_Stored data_
- Opening Delimiter -
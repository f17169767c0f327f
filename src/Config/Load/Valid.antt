-- ===== src/Config/Load/Valid.antt =====
-- What a configuration that loads is known to satisfy.
use sparkwrangler.Base.Int.{ℤ, pos, ltb_ℤ, ◌≤ℤ◌}
use sparkwrangler.Base.{
  Bool, false, ◌||◌, List, [], ◌∷◌, ◌≡◌, ◌≢◌, refl, arith, Bytes, Result, ok, err, Bool-cases, inl,
  inr, ok_injective, sym, ◌↔◌,
}
use sparkwrangler.Config.Flags.{Parsers, FlagSet, FlagError}
use sparkwrangler.Config.Load.{Config, second, is_blank, validate, bound, load_flags, load}
use sparkwrangler.Sdnotify.{Env}

-- A node has an identifier, publishes at most once a second, and uses a quality of service that
-- exists.
pub record IsValid (c : Config) : Type 0 where
  pub node_id : c.node_id ≢ []
  pub interval : second ≤ℤ c.interval
  pub qos_from : pos 0 ≤ℤ c.qos
  pub qos_to : c.qos ≤ℤ pos 2

is_blank-false : (s : Bytes) → is_blank s ≡ false → s ≢ []
unfolding is_blank
is_blank-false [] h = cc
is_blank-false (c ∷ s) h = λ e. cc

is_blank-ne : (s : Bytes) → s ≢ [] → is_blank s ≡ false
unfolding is_blank
is_blank-ne [] h = absurd (h refl)
is_blank-ne (c ∷ s) h = refl

le_of_not_lt : (a b : ℤ) → ltb_ℤ a b ≡ false → b ≤ℤ a
le_of_not_lt a b h = ground arith

not_lt_of_le : (a b : ℤ) → b ≤ℤ a → ltb_ℤ a b ≡ false
not_lt_of_le a b h = ground arith

or_false : (a b : Bool) → (a || b) ≡ false → (a ≡ false) × (b ≡ false)
or_false a b h = ground arith

validate_ok : (c : Config) {d : Config} → validate c ≡ ok d → (d ≡ c) × IsValid c
unfolding validate
validate_ok c h = elim (Bool-cases (is_blank c.node_id)) [
  | inl blank ↦ cc (rw blank at h)
  | inr named ↦ elim (Bool-cases (ltb_ℤ c.interval second)) [
    | inl short ↦ cc (rw (named, short) at h)
    | inr slow ↦ elim (Bool-cases (ltb_ℤ c.qos (pos 0) || ltb_ℤ (pos 2) c.qos)) [
      | inl bad ↦ cc (rw (named, slow, bad) at h)
      | inr good ↦
          let (low, high) = or_false _ _ good in
          (
            sym (ok_injective (rw (named, slow, good) at h)),
            record {
              node_id = is_blank-false c.node_id named;
              interval = le_of_not_lt c.interval second slow;
              qos_from = le_of_not_lt c.qos (pos 0) low;
              qos_to = le_of_not_lt (pos 2) c.qos high;
            },
          )
    ]
  ]
]

validate-IsValid : (c : Config) → IsValid c → validate c ≡ ok c
unfolding validate
validate-IsValid c v = rw (
  is_blank-ne c.node_id v.node_id,
  not_lt_of_le c.interval second v.interval,
  not_lt_of_le c.qos (pos 0) v.qos_from,
  not_lt_of_le (pos 2) c.qos v.qos_to,
)

-- A configuration is accepted exactly if it is valid, and is then returned as it is.
pub validate_iff : (c : Config) → (validate c ≡ ok c) ↔ IsValid c
validate_iff c = ((λ h. (validate_ok c h).1), validate-IsValid c)

pub load_flags_ok :
    (r : Result FlagError FlagSet) {c : Config}
    → load_flags r ≡ ok c
    → (fs : FlagSet) × (r ≡ ok fs) × (c ≡ bound fs) × IsValid c
unfolding load_flags
load_flags_ok (err e) h = cc
load_flags_ok (ok fs) h = let (same, v) = validate_ok (bound fs) h in (fs, refl, same, rw same v)

-- Whatever the flags, the environment and the host are, a configuration that loads is valid.
pub load-IsValid :
    (p : Parsers) (e : Env) (hostname : Bytes) (args : List Bytes) {c : Config}
    → load p e hostname args ≡ ok c
    → IsValid c
unfolding load
load-IsValid p e hostname args h = (load_flags_ok _ h).3
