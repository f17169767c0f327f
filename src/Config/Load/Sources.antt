-- ===== src/Config/Load/Sources.antt =====
-- Where the values of a configuration come from.
use sparkwrangler.Base.Int.{ℤ, pos}
use sparkwrangler.Base.{
  Bool, false, Option, none, some, List, [], ◌≡◌, refl, ◌∙◌, ap, sym, subst, Bytes, lookup, equal,
  ok, ok_injective, All,
}
use sparkwrangler.Config.Flags.Assignments.{
  assign_all, last_assigned, parse-assign_all, last_assigned_sorted, lookup-assign_all,
}
use sparkwrangler.Config.Flags.Forms.{Assignment, IsTaken, print_all, sort}
use sparkwrangler.Config.Flags.{
  Parsers, FlagSet, Value, text, integer, boolean, duration, parse_bool,
}
use sparkwrangler.Config.Load.Settings.{Setting, settings, said, stated}
use sparkwrangler.Config.Load.Valid.{load_flags_ok}
use sparkwrangler.Config.Load.{
  Config, bound, text_value, int_value, bool_value, load, flag_set, short_hostname, or_default,
  env_text, env_int, env_bool, env_duration,
}
use sparkwrangler.Sdnotify.{Env}
use sparkwrangler.Text.Decimal.{parse_int64}

text-sorted : (v : Value) → sort v ≡ text [] → text (text_value (some v)) ≡ v
unfolding text_value
text-sorted (text x) h = refl
text-sorted (integer x) h = cc
text-sorted (boolean x) h = cc
text-sorted (duration x) h = cc

integer-sorted : (v : Value) → sort v ≡ integer (pos 0) → integer (int_value (some v)) ≡ v
unfolding int_value
integer-sorted (text x) h = cc
integer-sorted (integer x) h = refl
integer-sorted (boolean x) h = cc
integer-sorted (duration x) h = cc

boolean-sorted : (v : Value) → sort v ≡ boolean false → boolean (bool_value (some v)) ≡ v
unfolding bool_value
boolean-sorted (text x) h = cc
boolean-sorted (integer x) h = cc
boolean-sorted (boolean x) h = refl
boolean-sorted (duration x) h = cc

duration-sorted : (v : Value) → sort v ≡ duration (pos 0) → duration (int_value (some v)) ≡ v
unfolding int_value
duration-sorted (text x) h = cc
duration-sorted (integer x) h = cc
duration-sorted (boolean x) h = cc
duration-sorted (duration x) h = refl

or_default-said : {A : Type 0} (o : Option A) (d : A) → or_default o d ≡ said o d
or_default-said none d = refl
or_default-said (some v) d = refl

-- A typed default, behind the text of the variable.
or_default_read :
    {A : Type 0} (read : Bytes → Option A) (o : Option Bytes) (d : A)
    → or_default (read (or_default o [])) d ≡ said (read (said o [])) d
or_default_read read o d =
    or_default-said (read (or_default o [])) d ∙ ap (λ s. said (read s) d) (or_default-said o [])

-- The flags before the command line is read.
abbrev pub starting : Parsers → Env → Bytes → FlagSet
starting p e hostname = flag_set p e (short_hostname hostname)

module _ (p : Parsers) (e : Env) (hostname : Bytes) (assigned : List Assignment)
    (h : All (IsTaken p (starting p e hostname)) assigned) where
  -- The flags after the command line is read.
  abbrev final : FlagSet
  final = assign_all (starting p e hostname) assigned

  setting :
      (get : Option Value → Value) (k : Bytes) {old d : Value}
      → ((v : Value) → sort v ≡ sort old → get (some v) ≡ v)
      → lookup k (starting p e hostname) ≡ some old
      → old ≡ d
      → some (get (lookup k final)) ≡ last_assigned k (some d) assigned
  setting get k {old = old} sorted found same =
      let (v, last, sorts) =
        last_assigned_sorted p k (starting p e hostname) old assigned h found in
      ap (λ o. some (get o)) (lookup-assign_all k (starting p e hostname) assigned ∙ rw found last)
      ∙ ap some (sorted v sorts)
      ∙ sym last
      ∙ ap (λ x. last_assigned k (some x) assigned) same

  text_setting :
      (k v : Bytes) (d : Bytes)
      → lookup k (starting p e hostname) ≡ some (text (or_default (e v) d))
      → some (text (text_value (lookup k final)))
        ≡ last_assigned k (some (stated p e v (text d))) assigned
  text_setting k v d found =
      setting (λ o. text (text_value o)) k text-sorted found (ap text (or_default-said (e v) d))

  integer_setting :
      (k v : Bytes) (d : ℤ)
      → lookup k (starting p e hostname)
        ≡ some (integer (or_default (parse_int64 (or_default (e v) [])) d))
      → some (integer (int_value (lookup k final)))
        ≡ last_assigned k (some (stated p e v (integer d))) assigned
  integer_setting k v d found =
      setting (λ o. integer (int_value o)) k integer-sorted found
        (ap integer (or_default_read parse_int64 (e v) d))

  boolean_setting :
      (k v : Bytes) (d : Bool)
      → lookup k (starting p e hostname)
        ≡ some (boolean (or_default (parse_bool (or_default (e v) [])) d))
      → some (boolean (bool_value (lookup k final)))
        ≡ last_assigned k (some (stated p e v (boolean d))) assigned
  boolean_setting k v d found =
      setting (λ o. boolean (bool_value o)) k boolean-sorted found
        (ap boolean (or_default_read parse_bool (e v) d))

  duration_setting :
      (k v : Bytes) (d : ℤ)
      → lookup k (starting p e hostname)
        ≡ some (duration (or_default (p.duration (or_default (e v) [])) d))
      → some (duration (int_value (lookup k final)))
        ≡ last_assigned k (some (stated p e v (duration d))) assigned
  duration_setting k v d found =
      setting (λ o. duration (int_value o)) k duration-sorted found
        (ap duration (or_default_read p.duration (e v) d))

  abbrev HasSource : Setting → Type 0
  HasSource s =
      some s.value ≡ last_assigned s.flag (some (stated p e s.variable s.fallback)) assigned

  bound-HasSource : All HasSource (settings (short_hostname hostname) (bound final))
  unfolding settings bound flag_set lookup equal env_text env_int env_bool env_duration
  bound-HasSource = (
    text_setting _ _ _ refl,
    (
      text_setting _ _ _ refl,
      (
        text_setting _ _ _ refl,
        (
          text_setting _ _ _ refl,
          (
            duration_setting _ _ _ refl,
            (
              text_setting _ _ _ refl,
              (
                text_setting _ _ _ refl,
                (
                  text_setting _ _ _ refl,
                  (
                    text_setting _ _ _ refl,
                    (
                      text_setting _ _ _ refl,
                      (
                        text_setting _ _ _ refl,
                        (
                          integer_setting _ _ _ refl,
                          (
                            text_setting _ _ _ refl,
                            (
                              text_setting _ _ _ refl,
                              (
                                text_setting _ _ _ refl,
                                (
                                  text_setting _ _ _ refl,
                                  (
                                    boolean_setting _ _ _ refl,
                                    (
                                      duration_setting _ _ _ refl,
                                      (
                                        text_setting _ _ _ refl,
                                        (
                                          text_setting _ _ _ refl,
                                          (
                                            text_setting _ _ _ refl,
                                            (
                                              text_setting _ _ _ refl,
                                              (text_setting _ _ _ refl, tt),
                                            ),
                                          ),
                                        ),
                                      ),
                                    ),
                                  ),
                                ),
                              ),
                            ),
                          ),
                        ),
                      ),
                    ),
                  ),
                ),
              ),
            ),
          ),
        ),
      ),
    ),
  )

  -- Every setting of a configuration that loads has the value that the command line assigns to its flag
  -- last; with no such assignment it has what its variable of the environment says, and if that is unset,
  -- or is not a number, a truth value or a duration where it has to be one, its default. An unset variable
  -- counts as an empty one where it is not a text. The command line is one of assignments, each to a flag
  -- that is defined, in a form that it takes and with a text that it reads.
  pub load-last_assigned :
      {c : Config}
      → load p e hostname (print_all assigned) ≡ ok c
      → All
          (λ s.
            some s.value ≡ last_assigned s.flag (some (stated p e s.variable s.fallback)) assigned)
          (settings (short_hostname hostname) c)
  unfolding load
  load-last_assigned k =
      let (fs, parsed, same, v) = load_flags_ok _ k in
      let all : final ≡ fs =
        ok_injective (sym (parse-assign_all p (starting p e hostname) assigned h) ∙ parsed) in
      subst (λ d. All HasSource (settings (short_hostname hostname) d)) (ap bound all ∙ sym same)
        bound-HasSource
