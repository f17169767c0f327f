-- ===== src/Discovery.antt =====
-- The package `internal/hadiscovery`: the discovery message of Home Assistant.
pub mod Device
pub mod Templates
pub mod Engine
pub mod Host
pub mod Sensors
- Closing Delimiter -
_ASSIGNMENT_
Return, word for word, the lines of the data above from the line with "is_blank-false : (s" through the line with "inr named ↦", inclusive.

_ANSWER_
is_blank-false : (s : Bytes) → is_blank s ≡ false → s ≢ []
unfolding is_blank
is_blank-false [] h = cc
is_blank-false (c ∷ s) h = λ e. cc

is_blank-ne : (s : Bytes) → s ≢ [] → is_blank s ≡ false
unfolding is_blank
is_blank-ne [] h = absurd (h refl)
is_blank-ne (c ∷ s) h = refl

le_of_not_lt : (a b : ℤ) → ltb_ℤ a b ≡ false → b ≤ℤ a
le_of_not_lt a b h = ground arith

not_lt_of_le : (a b : ℤ) → b ≤ℤ a → ltb_ℤ a b ≡ false
not_lt_of_le a b h = ground arith

or_false : (a b : Bool) → (a || b) ≡ false → (a ≡ false) × (b ≡ false)
or_false a b h = ground arith

validate_ok : (c : Config) {d : Config} → validate c ≡ ok d → (d ≡ c) × IsValid c
unfolding validate
validate_ok c h = elim (Bool-cases (is_blank c.node_id)) [
  | inl blank ↦ cc (rw blank at h)
  | inr named ↦ elim (Bool-cases (ltb_ℤ c.interval second)) [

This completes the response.